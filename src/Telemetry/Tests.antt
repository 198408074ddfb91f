-- ===== src/Telemetry/Tests.antt =====
-- The filter at a concrete input.
use constella.Prelude.{◌≡◌, refl, [], ◌∷◌, text, text_eq}
use constella.Prelude.Dicts.{Dict, lookup}
use constella.Telemetry.Rules.{
  Value, number, not_a_number, whole, filter_readings, gpu_metric_rules,
}
use constella.Telemetry.Filter.{AreDistinct, good_only, is_bad, has_name, filter_readings-good}

abbrev metrics : Dict Value
metrics =
    (text "utilization_gpu", number (whole 120))
    ∷ (text "power_watts", number (whole 300))
    ∷ (text "sm_occupancy", not_a_number)
    ∷ []

metrics-AreDistinct : AreDistinct metrics
unfolding AreDistinct text_eq
metrics-AreDistinct = (refl, (refl, (refl, tt)))

filter_readings-good_example :
    (lookup (text "utilization_gpu") (filter_readings gpu_metric_rules metrics).0
      ≡ good_only gpu_metric_rules
          (text "utilization_gpu")
          (lookup (text "utilization_gpu") metrics))
    × (has_name (text "utilization_gpu") (filter_readings gpu_metric_rules metrics).1
        ≡ is_bad gpu_metric_rules
            (text "utilization_gpu")
            (lookup (text "utilization_gpu") metrics))
filter_readings-good_example =
    filter_readings-good gpu_metric_rules metrics metrics-AreDistinct (text "utilization_gpu")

• _Aim of the task_
Exact copies of every record above are required.

• _Output for this exercise_
filename src/Telemetry/Tests.antt
repository 198408074ddfb91f
-- ===== src/Telemetry/Tests.antt =====
-- The filter at a concrete input.
use constella.Prelude.{◌≡◌, refl, [], ◌∷◌, text, text_eq}
use constella.Prelude.Dicts.{Dict, lookup}
use constella.Telemetry.Rules.{
  Value, number, not_a_number, whole, filter_readings, gpu_metric_rules,
}
use constella.Telemetry.Filter.{AreDistinct, good_only, is_bad, has_name, filter_readings-good}

abbrev metrics : Dict Value
metrics =
    (text "utilization_gpu", number (whole 120))
    ∷ (text "power_watts", number (whole 300))
    ∷ (text "sm_occupancy", not_a_number)
    ∷ []

metrics-AreDistinct : AreDistinct metrics
unfolding AreDistinct text_eq
metrics-AreDistinct = (refl, (refl, (refl, tt)))

filter_readings-good_example :
    (lookup (text "utilization_gpu") (filter_readings gpu_metric_rules metrics).0
      ≡ good_only gpu_metric_rules
          (text "utilization_gpu")
          (lookup (text "utilization_gpu") metrics))
    × (has_name (text "utilization_gpu") (filter_readings gpu_metric_rules metrics).1
        ≡ is_bad gpu_metric_rules
            (text "utilization_gpu")
            (lookup (text "utilization_gpu") metrics))
filter_readings-good_example =
    filter_readings-good gpu_metric_rules metrics metrics-AreDistinct (text "utilization_gpu")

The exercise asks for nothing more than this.